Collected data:
----------------

-- ===== src/Mapping/Joystick.antt =====
-- The joysticks of AYLink.Web/src/features/inputMapping/inputMappingRuntime.ts:
-- the groups of bindings that steer one pointer.
use aylink_extra.Prelude.{
  List, [], ◌∷◌, Bool, true, false, not, if◌then◌else◌, none, some, get_or_else,
}
use aylink_extra.Prelude.Text.{String, str_eq}
use aylink_extra.Prelude.Numbers.{Numbers}
use aylink_extra.Mapping.Schema.{
  NormalizedPoint, Joystick, InputMappingAction, virtual_joystick, InputMappingBinding,
}
use aylink_extra.Mapping.Commands.{touch_down, touch_move, touch_up, is_nonempty}
use aylink_extra.Mapping.Coordinates.{origin, normalize_direction, resolve_virtual_joystick_point}
use aylink_extra.Mapping.Compiler.{get, get_joystick_group}
use aylink_extra.Mapping.Gestures.{touch_command}
use aylink_extra.Mapping.Runtime.{
  get_entry, set_entry, delete_entry, has_element, add_element, delete_element, JoystickGroupState,
  InputMappingRuntime, Commands,
}

module _ (n : Numbers) where
  open n use {Num, int, ratio, plus, minus, times, over, abs, least, greatest, lt}

  unfoldable pub joystick_pointer_key : String → String
  joystick_pointer_key group_key = Prim.Native.String.◌++◌ "joystick:" group_key

  abbrev pub new_group : Joystick n → JoystickGroupState n
  new_group action = record {
    center = action.center;
    radius = action.radius;
    active_binding_ids = [];
    point = action.center;
    is_down = false;
  }

  abbrev pub mark_binding : Bool → String → JoystickGroupState n → JoystickGroupState n
  mark_binding is_down id group = record group {
    active_binding_ids =
        (if is_down
          then add_element id group.active_binding_ids
          else delete_element id group.active_binding_ids);
  }

  abbrev pub add_direction :
      List String
      → NormalizedPoint n
      → InputMappingBinding n
      → InputMappingAction n
      → NormalizedPoint n
  add_direction active total binding (virtual_joystick action) =
      if has_element binding.id active
      then record { x = plus total.x action.direction.x; y = plus total.y action.direction.y }
      else total
  add_direction active total binding _ = total

  -- The sum of the directions of the group's active bindings.
  unfoldable pub sum_directions :
      List String → NormalizedPoint n → List (InputMappingBinding n) → NormalizedPoint n
  sum_directions active total [] = total
  sum_directions active total (b ∷ bs) =
      sum_directions active (add_direction active total b b.action) bs

  abbrev pub with_groups :
      InputMappingRuntime n → List (String × JoystickGroupState n) → InputMappingRuntime n
  with_groups s groups = record s { active_joystick_groups = groups }

  -- The group behind `updateJoystickBinding`, once the binding is marked in it.
  unfoldable pub move_joystick :
      String
      → JoystickGroupState n
      → List (InputMappingBinding n)
      → InputMappingRuntime n
      → InputMappingRuntime n × Commands n
  move_joystick group_key group group_bindings s =
      let pointer_key = joystick_pointer_key group_key in
      let direction = sum_directions group.active_binding_ids (origin n) group_bindings in
      let next_point =
        resolve_virtual_joystick_point n group.center group.radius
          (normalize_direction n direction) in
      let moved = record group { is_down = true; point = next_point } in
      let placed = with_groups s (set_entry group_key moved s.active_joystick_groups) in
      if not (is_nonempty group.active_binding_ids)
      then (
        with_groups s (delete_entry group_key s.active_joystick_groups),
        (if group.is_down
            then touch_command n touch_move pointer_key group.center 1 none
              ∷ touch_command n touch_up pointer_key group.center 0 none
              ∷ []
            else []),
      )
      else if not group.is_down
      then (
        placed,
        touch_command n touch_down pointer_key group.center 1 none
            ∷ touch_command n touch_move pointer_key next_point 1 none
            ∷ [],
      )
      else (placed, touch_command n touch_move pointer_key next_point 1 none ∷ [])

  unfoldable pub update_joystick_binding :
      InputMappingBinding n
      → Joystick n
      → Bool
      → InputMappingRuntime n
      → InputMappingRuntime n × Commands n
  unfolding move_joystick get_entry set_entry
  update_joystick_binding binding action is_down s = elim s.compiled_profile [
    | none ↦ (s, [])
    | some compiled ↦
        let group_key = get_joystick_group n (virtual_joystick action) binding.id in
        let group =
          mark_binding is_down binding.id
            (get_or_else (get_entry group_key s.active_joystick_groups) (new_group action)) in
        move_joystick group_key group
          (get_or_else (get str_eq group_key compiled.joystick_bindings_by_group) []) s
  ]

----------------

■ Required action: Scan the lines above for "active_binding_ids = [];" and for "then add_element id". Repeat exactly the line holding each of them and every line in between.

■ Solved exercise:
    active_binding_ids = [];
    point = action.center;
    is_down = false;
  }

  abbrev pub mark_binding : Bool → String → JoystickGroupState n → JoystickGroupState n
  mark_binding is_down id group = record group {
    active_binding_ids =
        (if is_down
          then add_element id group.active_binding_ids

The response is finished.